Final Report Summary - EXAFLOW (Reconfigurable non-von-Neumann Accelerators)

Computers are everyone today, and their growing importance to our lives cannot be understated. From social media to banking, from our toaster to our car, the presence of computers is ubiquitous. Yet despite the omnipresence of computers in our lives, their underlying compute model has not changed much since it was invented by the great mathematician and physicist John von Neumann in the 1940s.

The von Neumann computing model decomposes a computation into separate operations (e.g. addition, subtraction, multiplication) and executes them one-at-a-time. Intermediate values calculated by these operations are stored in dedicated hardware storage constructs, which serve as inter-operation communication channels. As a result, the von Neumann model is very inefficient when it comes to energy consumption.
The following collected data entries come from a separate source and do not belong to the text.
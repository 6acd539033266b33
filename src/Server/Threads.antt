-- ===== src/Server/Threads.antt =====
-- raft/RaftNode.java and server/KVStoreServiceImpl.java as threads run them: methods that take no
-- lock, one access to shared data at a time.
pub mod Calls
pub mod Programs
pub mod Perform
pub mod Alone
pub mod Election
pub mod Requests
pub mod Guard
pub mod Orderly
pub mod Access
pub mod Replay
pub mod Safe
pub mod Task
pub mod Outcome
pub mod Answers
pub mod Finish
pub mod Session
pub mod Lost
pub mod Pool
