-- ===== src/Server/Turns/Whole.antt =====
-- The calls of a thread, one after the other, are the method.
use scalable_key_value_store.Prelude.{ℕ, zero, suc, ◌≡◌, ◌∙◌, sym}
use scalable_key_value_store.Server.Java.{◌>>=◌}
use scalable_key_value_store.Server.Java.Monad.{bind_cong, bind_pure, bind_assoc, pure_left}
use scalable_key_value_store.Server.Sql.{Engine}
use scalable_key_value_store.Server.Raft.{RaftNode}
use scalable_key_value_store.Server.Replication.{apply_loop, apply_committed_entries}
use scalable_key_value_store.Server.Turns.{
  Applying, get_applied, get_commit, loop_head, apply, ended, advance, turns, rest,
}

module _ {D : Type 0} (sql : Engine D) where
  advance-rest : (a : Applying) (s : RaftNode D) → (advance sql a >>= rest sql) s ≡ rest sql a s
  unfolding advance rest apply_committed_entries apply_loop
  advance-rest get_applied s = bind_assoc _ _ _ s ∙ bind_cong _ _ _ s λ n u. pure_left _ _ u
  advance-rest (get_commit n) s = bind_assoc _ _ _ s ∙ bind_cong _ _ _ s λ m u. pure_left _ _ u
  advance-rest (loop_head zero n) s =
      bind_assoc _ _ _ s
      ∙ bind_cong _ _ _ s (λ _ u. pure_left _ _ u)
      ∙ bind_pure _ s
      ∙ sym (pure_left _ _ s)
  advance-rest (loop_head (suc k) n) s =
      bind_assoc _ _ _ s
      ∙ bind_cong _ _ _ s (λ o u.
        bind_assoc _ _ _ u
        ∙ bind_cong _ _ _ u (λ e v. pure_left _ _ v ∙ sym (bind_assoc _ _ _ v))
        ∙ sym (bind_assoc _ _ _ u))
      ∙ sym (bind_assoc _ _ _ s)
  advance-rest (apply k n e) s = bind_assoc _ _ _ s ∙ bind_cong _ _ _ s λ m u. pure_left _ _ u
  advance-rest ended s = pure_left _ _ s

  -- Wherever a thread is, any number of its calls and then the rest without a break do what the
  -- rest does; from its first call on, what the method does.
  turns-rest :
      (n : ℕ) (a : Applying) (s : RaftNode D) → (turns sql n a >>= rest sql) s ≡ rest sql a s
  unfolding turns
  turns-rest zero a s = pure_left a _ s
  turns-rest (suc n) a s = bind_assoc _ _ _ s ∙ bind_cong _ _ _ s (turns-rest n) ∙ advance-rest a s
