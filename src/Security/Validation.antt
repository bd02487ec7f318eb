-- ===== src/Security/Validation.antt =====
-- AppDefinition.go: validateAppDefinitionSecurity, the check of a definition's roles and rules.
pub mod Accepted
use velm.Base.{
  Bool, true, false, not, ◌&&◌, ◌||◌, if◌then◌else◌, Option, none, some, Result, ok, err, ◌>>◌,
  List, [], ◌∷◌, Text, txt, ◌==◌,
}
use velm.Runtime.{GoRuntime}
use velm.Expression.{parse_boolean_expression}
use velm.Security.Model.{Rule, member}
use velm.Security.Shadowing.{find_shadowed}
use velm.App.EntryPoints.{is_reserved_role_name}

-- the refusals, with the names of their messages
pub data Problem : Type 0 where
  unknown_role : Text → Problem
  unnamed_rule : Problem
  duplicate_rule : Text → Problem
  rule_without_role : Text → Problem
  rule_unknown_role : Text → Text → Problem
  wrong_operation : Text → Problem
  wrong_effect : Text → Problem
  wrong_table : Text → Text → Problem
  field_of_delete : Text → Problem
  unknown_field : Text → Text → Problem
  invalid_condition : Text → Problem
  shadowed_rule : Rule × Rule → Problem

abbrev pub Checked : Type 0
Checked = Result {0, 0} Problem Unit

-- `if … { return error }`
abbrev pub refuse_if : Bool → Problem → Checked
refuse_if true p = err p
refuse_if false p = ok tt

-- validateIdentifierRoles
unfoldable pub validate_identifier_roles : List Text → List Text → Checked
unfolding member is_reserved_role_name
validate_identifier_roles role_set [] = ok tt
validate_identifier_roles role_set (role ∷ roles) =
    refuse_if (not (is_reserved_role_name role) && not (member role role_set)) (unknown_role role)
    >> validate_identifier_roles role_set roles

abbrev pub is_operation : Text → Bool
is_operation op = op == txt "C" || op == txt "R" || op == txt "U" || op == txt "D"

abbrev pub is_effect : Text → Bool
is_effect effect = effect == [] || effect == txt "allow" || effect == txt "deny"

-- the fields that a rule may name; `none` is the nil map, for any field
abbrev pub is_allowed_field : Option (List Text) → Text → Bool
is_allowed_field none field = true
is_allowed_field (some fields) field = member field fields

module _ (go : GoRuntime) where
  -- validateBooleanExpressionSyntax
  unfoldable pub is_expression : Text → Bool
  unfolding parse_boolean_expression
  is_expression expr = elim (parse_boolean_expression go expr) [ ok tree ↦ true | err e ↦ false ]

  module _ (role_set : List Text) (expected_table : Text)
      (allowed_fields : Option (List Text)) where
    -- the loop over the rules, with the names seen so far
    unfoldable pub validate_rule : List Text → Rule → Checked
    unfolding member ◌==◌ txt is_expression
    validate_rule seen r =
        refuse_if (r.name == []) unnamed_rule
        >> refuse_if (member r.name seen) (duplicate_rule r.name)
        >> refuse_if (r.role == []) (rule_without_role r.name)
        >> refuse_if (not (member r.role role_set)) (rule_unknown_role r.name r.role)
        >> refuse_if (not (is_operation r.operation)) (wrong_operation r.name)
        >> refuse_if (not (is_effect r.effect)) (wrong_effect r.name)
        >> refuse_if
            (not (expected_table == []) && not (r.table == []) && not (r.table == expected_table))
            (wrong_table r.name r.table)
        >> refuse_if (r.operation == txt "D" && not (r.field == [])) (field_of_delete r.name)
        >> refuse_if (not (r.field == []) && not (is_allowed_field allowed_fields r.field))
            (unknown_field r.name r.field)
        >> refuse_if (not (r.condition == []) && not (is_expression r.condition))
            (invalid_condition r.name)

    unfoldable pub validate_rules : List Text → List Rule → Checked
    unfolding validate_rule
    validate_rules seen [] = ok tt
    validate_rules seen (r ∷ rules) = validate_rule seen r >> validate_rules (r.name ∷ seen) rules

    -- the error of validateSecurityRuleShadowing
    abbrev pub check_shadowing : Option (Rule × Rule) → Checked
    check_shadowing none = ok tt
    check_shadowing (some pair) = err (shadowed_rule pair)

    -- validateAppDefinitionSecurity
    unfoldable pub validate_security : List Text → List Rule → Checked
    unfolding validate_identifier_roles validate_rules find_shadowed
    validate_security roles rules =
        validate_identifier_roles role_set roles
        >> validate_rules [] rules
        >> check_shadowing (find_shadowed expected_table rules)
In fact, modern von Neumann processors spend a mere 5% of their energy on pure computation. The rest of the energy is wasted on managing the computation through control circuitry and data transfers. This puts the energy efficiency of modern processors similar to that of incandescent light bulbs – which have been outlawed in most of the western world due to their energy waste.

Today, general purpose graphical processing units (GPGPUs) are considered the most energy efficient von Neuman processors (in terms of operations per Watt of power, orOPs/Watt). These massively parallel, high-throughput processors are growing in popularity even though they still suffer from the von Neumann model power inefficiencies, as they must repeatedly fetch and decode each instruction, and must use explicit storage to communicate intermediate results between instructions.

Interestingly, the same factors that adversely affect the energy efficiency of GPGPUs are obviated in coarse-grain reconfigurable arrays (CGRA). These compute elements comprise of a fabric of trivial functional units that compute basic arithmetic operations. The distributed nature of FPGAs lends itself to simplifying control circuitry, reducing long-distance data transfers, and eliminating the need for explicit storage for intermediate values – the same set of properties that burden von Neumann architectures. In a CGRA, the compute operations (nodes in the dataflow graph) are statically mapped to functional units, and an interconnect is configured to transfer values between functional units based on the graph's connectivity. Compared to von Neumann architectures, the distributed control and static instruction mapping obviate the instruction pipeline, and direct communication between functional units obviates the centralized register file.

In this research we have designed a high-throughput, massively multithreaded CGRA processor as power efficient alternative to GPGPUs. Our research group has presented a novel, high-throughput CGRA execution model and architecture that outperforms contemporary GPGPUs by a factor of 2x-20x while consuming half the energy per operation (ops/Joule). Multithreaded coarse-grain reconfigurable (MT-CGRA) execution and architectural model combines a CGRA with a dynamic dataflow execution model to accelerate execution throughput of massively thread-parallel code. Notably, this research track distinctively differs from past research on CGRAs that focused exclusively on single-thread performance

On top of the initial compute model and processor design, we furthered our study on massively multithreaded CGRAs by addressing some key challenges in this novel compute model. Concretely, we studied the design of a cache and memory system for high-throughput CGRAs, whose memory workloads challenge existing high-throughput cache designs. In addition, as CGRAs’ performance and power efficiency highly affected by the utilization of their fabric of functional units, we have studied methods to extend the new execution model in order to maximize the utilization, and thereby performance and power efficiency, of the underlying CGRA.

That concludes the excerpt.